Самым крупным из борделей «Ноева ковчега» был «У Хэм» на втором этаже, где работало с десяток проституток, одетых в белое трико и зеленые блузы, скроенные с поразительной экономией материала. Кому принадлежало это заведение, полиция так толком никогда и не знала; считалось, что его хозяин – Дигги Биггс, владелец еще одного борделя на Холстед-стрит, звездой которого была карлица по имени Джулия Джонсон, выступавшая в эротических шоу вместе с негритянкой в три раза выше и в два раза тяжелее ее. Работала у Дигги Биггса и пианистка Дел Мейсон, весившая триста фунтов, чередовавшая в качестве мест работы бордель на Холстед-стрит и заведение «У Хэм». Муж Дел Мейсон, чернокожий вор и головорез, известный также под именами Джо Делмар и Билл Аллен, стал центральной фигурой одного случая, который Джон Флинн описал как «один из наиболее примечательных инцидентов в истории полицейского управления».
Вечером 30 ноября 1882 года Билл Аллен убил в драке одного негра и тяжело ранил другого и той же ночью убил полицейского Кларенса Райта, который пытался арестовать его в притоне на углу улиц Вашингтон и Клинтон. После этого Аллен скрывался в подвале дома Дигги Биггса на Холстед-стрит, но полиция не знала о его местонахождении до 3 декабря, до тех пока негр не послал Джулию Джонсон купить ему газету. Она же вместо этого направилась в полицию и рассказала, где прячется Аллен, а пятицентовик, который он ей дал на газету, продала за два доллара Майку Макдональду, игроку, который сделал эту монету своим талисманом. К дому Дигги Биггса отправился полицейский Патрик Малвихилл, чтобы арестовать негра, но Аллен увидел патрульного в окно и застрелил его, а затем выбежал на улицу. Тут же было выделено подкрепление, и через полчаса Аллена по всей Черной Дыре искало уже двести пятьдесят полицейских. Меж тем начали циркулировать тревожные слухи, и стала собираться толпа. К обеду, если верить Джону Флинну, «полицейским в их поисках помогало уже десять тысяч человек, вооруженных всевозможным оружием, от карманных пистолетов и вил до карабинов».

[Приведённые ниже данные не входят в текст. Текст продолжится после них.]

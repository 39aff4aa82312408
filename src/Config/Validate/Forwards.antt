-- ===== src/Config/Validate/Forwards.antt =====
-- What validateForward and validateDNAT establish.
use in_proxy.Common.{
  ℕ, ◌≤◌, ◌≡◌, refl, true, false, ◌||◌, ◌⊎◌, inl, inr, Bool-cases, ok, arith, wrap, >>=-eq-ok,
  require-eq-ok, wrap-eq-ok,
}
use in_proxy.Common.Int.{ℤ, pos, negsuc}
use in_proxy.Text.{Text, codes, ◌==◌, eq_iff, to_lower}
use in_proxy.Text.Trim.{trim_space, trim_space_idem}
use in_proxy.Config.{Forward, DnatRule}
use in_proxy.Config.Patterns.{prefix_pattern}
use in_proxy.Config.Endpoints.{
  is_port, normalize_host_port, normalize_listen, IsEndpoint, normalize_host_port-IsEndpoint,
  normalize_listen-IsEndpoint, normalize_host_port_of_IsEndpoint, normalize_listen_of_IsEndpoint,
}
use in_proxy.Config.Validate.{or_tcp, is_forward_proto, validate_forward, validate_dnat}
use in_proxy.Config.Validate.Names.{trim_space_of_name}
use in_proxy.Config.Errors.{bad_name, bad_protocol, bad_public_port, bad_listen, bad_target}

pub record IsNormalForward (f : Forward) : Type 0 where
  pub named : prefix_pattern f.name ≡ true
  pub known_proto :
      (f.proto ≡ codes "tcp") ⊎ ((f.proto ≡ codes "udp") ⊎ (f.proto ≡ codes "tcp+udp"))
  pub listens : IsEndpoint true f.listen
  pub targets : IsEndpoint false f.target
  pub trimmed_description : trim_space f.description ≡ f.description

pub record IsNormalDnat (d : DnatRule) : Type 0 where
  pub named : prefix_pattern d.name ≡ true
  pub known_proto : (d.proto ≡ codes "tcp") ⊎ (d.proto ≡ codes "udp")
  pub number : ℕ
  pub public_port : d.listen_port ≡ pos number
  pub lowest : 1 ≤ number
  pub highest : number ≤ 65535
  pub targets : IsEndpoint false d.target
  pub trimmed_description : trim_space d.description ≡ d.description

one_of_two : (s t u : Text) → s == t || s == u ≡ true → (s ≡ t) ⊎ (s ≡ u)
one_of_two s t u h = elim (Bool-cases (s == t)) [
  | inl e ↦ inl ((eq_iff s t).0 e)
  | inr n ↦ inr ((eq_iff s u).0 (rw n at h))
]

forward_proto_sound :
    (s : Text)
    → is_forward_proto s ≡ true
    → (s ≡ codes "tcp") ⊎ ((s ≡ codes "udp") ⊎ (s ≡ codes "tcp+udp"))
unfolding is_forward_proto
forward_proto_sound s h = elim (Bool-cases (s == codes "tcp")) [
  | inl e ↦ inl ((eq_iff s (codes "tcp")).0 e)
  | inr n ↦ inr (one_of_two s (codes "udp") (codes "tcp+udp") (rw n at h))
]

pub is_port_sound : (p : ℤ) → is_port p ≡ true → (n : ℕ) × (p ≡ pos n) × (1 ≤ n) × (n ≤ 65535)
unfolding is_port
is_port_sound (pos n) h = (n, refl, ground arith, ground arith)
is_port_sound (negsuc n) h = cc

-- What validateForward accepts comes out normal: a name of the pattern, a protocol of tcp, udp and
-- tcp+udp, a listen address and a target that split into host and port with the port in 1 to 65535,
-- the target with a host, and a trimmed description.
pub validate_forward-IsNormal : (f g : Forward) → validate_forward f ≡ ok g → IsNormalForward g
unfolding validate_forward
validate_forward-IsNormal f g h =
    let proto = or_tcp (to_lower (trim_space f.proto)) in
    let (named, h₁) = require-eq-ok (prefix_pattern (trim_space f.name)) bad_name _ h in
    let (known, h₂) = require-eq-ok (is_forward_proto proto) bad_protocol _ h₁ in
    let (listen, e, h₃) = >>=-eq-ok (wrap bad_listen (normalize_listen f.listen)) _ h₂ in
    let (target, e', last) =
      >>=-eq-ok (wrap bad_target (normalize_host_port (trim_space f.target) false)) _ h₃ in
    let whole : g ≡ record f {
      name = trim_space f.name;
      proto = proto;
      listen = listen;
      target = target;
      description = trim_space f.description;
    } =
      cc in
    rw whole (record {
      named = named;
      known_proto = forward_proto_sound proto known;
      listens =
          normalize_listen-IsEndpoint f.listen listen
            (wrap-eq-ok bad_listen (normalize_listen f.listen) e);
      targets =
          normalize_host_port-IsEndpoint (trim_space f.target) target false
            (wrap-eq-ok bad_target (normalize_host_port (trim_space f.target) false) e');
      trimmed_description = trim_space_idem f.description;
    })

pub name-validate_forward : (f g : Forward) → validate_forward f ≡ ok g → g.name ≡ trim_space f.name
unfolding validate_forward
name-validate_forward f g h =
    let proto = or_tcp (to_lower (trim_space f.proto)) in
    let (named, h₁) = require-eq-ok (prefix_pattern (trim_space f.name)) bad_name _ h in
    let (known, h₂) = require-eq-ok (is_forward_proto proto) bad_protocol _ h₁ in
    let (listen, e, h₃) = >>=-eq-ok (wrap bad_listen (normalize_listen f.listen)) _ h₂ in
    let (target, e', last) =
      >>=-eq-ok (wrap bad_target (normalize_host_port (trim_space f.target) false)) _ h₃ in
    cc

-- What validateDNAT accepts comes out normal: a name of the pattern, tcp or udp, a public port in 1
-- to 65535, a target with a host and a port in that range, and a trimmed description.
pub validate_dnat-IsNormal : (d r : DnatRule) → validate_dnat d ≡ ok r → IsNormalDnat r
unfolding validate_dnat
validate_dnat-IsNormal d r h =
    let proto = to_lower (trim_space d.proto) in
    let (named, h₁) = require-eq-ok (prefix_pattern (trim_space d.name)) bad_name _ h in
    let (known, h₂) =
      require-eq-ok (proto == codes "tcp" || proto == codes "udp") bad_protocol _ h₁ in
    let (ported, h₃) = require-eq-ok (is_port d.listen_port) bad_public_port _ h₂ in
    let (target, e, last) =
      >>=-eq-ok (wrap bad_target (normalize_host_port (trim_space d.target) false)) _ h₃ in
    let (n, same, low, high) = is_port_sound d.listen_port ported in
    let whole : r ≡ record d {
      name = trim_space d.name;
      proto = proto;
      target = target;
      description = trim_space d.description;
    } =
      cc in
    rw whole (record {
      named = named;
      known_proto = one_of_two proto (codes "tcp") (codes "udp") known;
      number = n;
      public_port = same;
      lowest = low;
      highest = high;
      targets =
          normalize_host_port-IsEndpoint (trim_space d.target) target false
            (wrap-eq-ok bad_target (normalize_host_port (trim_space d.target) false) e);
      trimmed_description = trim_space_idem d.description;
    })

proto_kept :
    (p : Text)
    → (p ≡ codes "tcp") ⊎ ((p ≡ codes "udp") ⊎ (p ≡ codes "tcp+udp"))
    → (or_tcp (to_lower (trim_space p)) ≡ p) × (is_forward_proto p ≡ true)
unfolding is_forward_proto trim_space to_lower ◌==◌
proto_kept p (inl e) = rw e (refl, refl)
proto_kept p (inr (inl e)) = rw e (refl, refl)
proto_kept p (inr (inr e)) = rw e (refl, refl)

-- A normal forward whose addresses have no white space around them is accepted as it is.
pub validate_forward_of_IsNormal :
    (f : Forward)
    → IsNormalForward f
    → trim_space f.listen ≡ f.listen
    → trim_space f.target ≡ f.target
    → validate_forward f ≡ ok f
unfolding validate_forward
validate_forward_of_IsNormal f v cl ct =
    let (kept, known) = proto_kept f.proto v.known_proto in
    rw (
      trim_space_of_name f.name v.named,
      v.named,
      kept,
      known,
      normalize_listen_of_IsEndpoint f.listen cl v.listens,
      ct,
      normalize_host_port_of_IsEndpoint f.target false v.targets,
      v.trimmed_description,
    )
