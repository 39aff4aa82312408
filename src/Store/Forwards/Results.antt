-- ===== src/Store/Forwards/Results.antt =====
-- What UpsertForward does on each path: refusals, accepted edits, and writes that fail.
use in_proxy.Common.{
  ◌≡◌, ◌≢◌, refl, ◌∙◌, Bool, true, false, List, [], ◌∷◌, ◌++◌, none, some, if◌then◌else◌, arith,
  Bool-cases, inl, inr, ok, err, any,
}
use in_proxy.Text.{Text, codes, ◌==◌, eq_iff}
use in_proxy.Config.{Forward}
use in_proxy.Config.Validate.{validate_forward}
use in_proxy.Config.Errors.{address_taken, write_config, rename_config}
use in_proxy.Store.{
  Store, Io, written, write_fails, rename_fails, forwards_changed, config_of, persist,
  fire_forwards,
}
use in_proxy.Store.Forwards.{
  has_name, clashes, first_clash, place_forward, save_forwards, upsert_forward,
}

-- The store after an accepted edit that was written.
abbrev pub edited : Store → List Forward → Store
edited s fs = record s {
  forwards = fs;
  disk = some (config_of (record s { forwards = fs }));
  calls = if s.on_forward then s.calls ++ forwards_changed fs ∷ [] else s.calls;
}

save_written : (s : Store) (fs : List Forward) → save_forwards written s fs ≡ (ok tt, edited s fs)
unfolding persist fire_forwards
save_written s fs = ground arith

module _ (old : Text) (f g : Forward) (fs : List Forward) (s : Store)
    (valid : validate_forward f ≡ ok g) (placed : place_forward old g s.forwards ≡ ok fs) where
  upsert_forward-save_forwards : (io : Io) → upsert_forward old f io s ≡ save_forwards io s fs
  unfolding upsert_forward
  upsert_forward-save_forwards io = rw (valid, upsert_forward) (rw (placed, upsert_forward))

  -- An accepted edit whose write succeeds is in memory and in the file, and the listener, if one is
  -- set, is called with the new list.
  pub upsert_forward_written : upsert_forward old f written s ≡ (ok tt, edited s fs)
  upsert_forward_written = upsert_forward-save_forwards written ∙ save_written s fs

  -- An accepted edit whose write fails returns the error, and stays in memory: the file and the
  -- listener do not learn of it.
  pub upsert_forward_unwritten :
      (upsert_forward old f write_fails s ≡ (err write_config, record s { forwards = fs }))
      × (upsert_forward old f rename_fails s ≡ (err rename_config, record s { forwards = fs }))
  unfolding persist
  upsert_forward_unwritten =
      (upsert_forward-save_forwards write_fails, upsert_forward-save_forwards rename_fails)

first_clash_found :
    (f : Forward) (fs : List Forward)
    → any (clashes f) fs ≡ true
    → (e : Forward) × (first_clash f fs ≡ some e)
unfolding first_clash
first_clash_found f [] h = cc
first_clash_found f (e ∷ es) h = elim (Bool-cases (clashes f e)) [
  | inl hit ↦ (e, rw hit)
  | inr miss ↦ let (e', found') = first_clash_found f es (rw miss at h) in (e', rw miss found')
]

any-append_right :
    (p : Forward → Bool) (xs ys : List Forward) → any p ys ≡ true → any p (xs ++ ys) ≡ true
any-append_right p [] ys h = h
any-append_right p (x ∷ xs) ys h = ground (arith, any-append_right p xs ys h)

clashes_of :
    (e g : Forward) → e.name ≢ g.name → e.proto ≡ g.proto → e.listen ≡ g.listen → clashes g e ≡ true
unfolding clashes
clashes_of e g n p l =
    ground (arith, eq_iff e.name g.name, eq_iff e.proto g.proto, eq_iff e.listen g.listen)

-- A forward cannot be renamed in place: where the entry that is to be updated has another name than
-- the new one, and the same protocol and listen address, the edit is refused as a clash of addresses
-- and the store stays as it was.
pub rename_refused :
    (f g e : Forward) (before after : List Forward) (io : Io) (s : Store)
    → validate_forward f ≡ ok g
    → s.forwards ≡ before ++ e ∷ after
    → e.name ≢ g.name
    → e.proto ≡ g.proto
    → e.listen ≡ g.listen
    → (clash : Text) × (upsert_forward e.name f io s
        ≡ (err (address_taken g.proto g.listen clash), s))
unfolding upsert_forward
rename_refused f g e before after io s valid list n p l =
    let here : any (clashes g) (e ∷ after) ≡ true = rw (clashes_of e g n p l) in
    let there : any (clashes g) s.forwards ≡ true =
      rw list (any-append_right (clashes g) before (e ∷ after) here) in
    let (c, hit) = first_clash_found g s.forwards there in
    (c.name, rw (valid, upsert_forward) (rw (hit, place_forward)))

protos_differ : (codes "tcp+udp" == codes "tcp") ≡ false
unfolding ◌==◌
protos_differ = refl

no_clash : (g e : Forward) → clashes g e ≡ false → first_clash g (e ∷ []) ≡ none
unfolding first_clash
no_clash g e h = rw h

combined_apart :
    (g e : Forward) → e.proto ≡ codes "tcp+udp" → g.proto ≡ codes "tcp" → clashes g e ≡ false
unfolding clashes
combined_apart g e p q =
    let differ : (e.proto == g.proto) ≡ false = rw p (rw q protos_differ) in ground arith

combined_placed :
    (g e : Forward) (s : Store)
    → s.forwards ≡ e ∷ []
    → e.name ≢ g.name
    → e.proto ≡ codes "tcp+udp"
    → g.proto ≡ codes "tcp"
    → place_forward [] g s.forwards ≡ ok (e ∷ g ∷ [])
unfolding place_forward
combined_placed g e s list n p q =
    let other : has_name g.name e ≡ false = ground (arith, eq_iff e.name g.name) in
    let apart : first_clash g (e ∷ []) ≡ none = no_clash g e (combined_apart g e p q) in
    rw list (rw (apart, place_forward) (rw other))

-- A valid TCP forward is accepted in a store whose only forward is one for TCP and UDP at the same
-- listen address under another name, when the file is written.
pub combined_accepted :
    (f g e : Forward) (s : Store)
    → validate_forward f ≡ ok g
    → s.forwards ≡ e ∷ []
    → e.name ≢ g.name
    → e.proto ≡ codes "tcp+udp"
    → g.proto ≡ codes "tcp"
    → e.listen ≡ g.listen
    → upsert_forward [] f written s ≡ (ok tt, edited s (e ∷ g ∷ []))
combined_accepted f g e s valid list n p q l =
    upsert_forward_written [] f g (e ∷ g ∷ []) s valid (combined_placed g e s list n p q)
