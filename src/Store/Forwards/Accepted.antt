-- ===== src/Store/Forwards/Accepted.antt =====
-- What UpsertForward has done when it returns no error.
use in_proxy.Common.{◌≡◌, List, Option-cases, Result-cases, inl, inr, In, ok}
use in_proxy.Text.{Text, ◌==◌}
use in_proxy.Config.{Forward}
use in_proxy.Config.Endpoints.{is_empty}
use in_proxy.Config.Errors.{exists_already, not_there}
use in_proxy.Config.Validate.{validate_forward}
use in_proxy.Store.{Store, written}
use in_proxy.Store.Table.Laws.{place-In}
use in_proxy.Store.Forwards.{has_name, first_clash, place_forward, upsert_forward}
use in_proxy.Store.Forwards.Results.{upsert_forward_written}

place_forward-In :
    (old : Text) (f : Forward) (fs gs : List Forward) → place_forward old f fs ≡ ok gs → In f gs
unfolding place_forward
place_forward-In old f fs gs h = elim (Option-cases (first_clash f fs)) [
  | inr (e, hit) ↦ absurd (cc (rw (hit, place_forward) at h))
  | inl apart ↦
      place-In (is_empty old) (old == f.name) (has_name f.name) (has_name old)
        (exists_already f.name) (not_there old) f fs gs (rw (apart, place_forward) at h)
]

-- The edit was valid, and the valid entry is in the list, in memory and in the file.
pub upsert_forward_accepted :
    (old : Text) (f : Forward) (s : Store)
    → (upsert_forward old f written s).0 ≡ ok tt
    → (g : Forward) × (validate_forward f ≡ ok g) × In g (upsert_forward old f written s).1.forwards
unfolding upsert_forward
upsert_forward_accepted old f s h = elim (Result-cases (validate_forward f)) [
  | inr (e, bad) ↦ absurd (cc (rw (bad, upsert_forward) at h))
  | inl (g, good) ↦ elim (Result-cases (place_forward old g s.forwards)) [
    | inr (e, bad) ↦ absurd (cc (rw (bad, upsert_forward) at (rw (good, upsert_forward) at h)))
    | inl (fs, placed) ↦ (
      g,
      good,
      rw (upsert_forward_written old f g fs s good placed)
          (place_forward-In old g s.forwards fs placed),
    )
  ]
]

Около полчетвертого пополудни Аллен был убит в перестрелке с сержантом Джоном Уилером, который нашел негра спрятавшимся в ящике из-под продуктов на заднем дворе одного дома на западе Кинзи-стрит. Тело Аллена бросили в патрульный фургон и увезли в полицейский участок на Десплэйнс-стрит. Однако пошли слухи, что негра поймали, а не убили, и перед зданием участка фургон встретила толпа, скандировавшая «Линчевать!» и «Веревку!». Капитан Джон Бонфилд и с полдюжины полицейских пугнули собравшихся револьверами, фургон быстро въехал в проход, и тело через окно забросили в здание участка. «Упустив свою добычу, – пишет Флинн, – толпа пришла в возбуждение и грозила разгромить участок. Ни угрозы, ни обещания не помогали, казалось, назревают крупные беспорядки. Начальник участка Дойл забрался на фургон и пытался убедить толпу, что негр действительно мертв, – не помогло. Собравшиеся кричали и свистели, выкрикивая, что полиция прячет преступника, и подбивая друг друга начать бить окна».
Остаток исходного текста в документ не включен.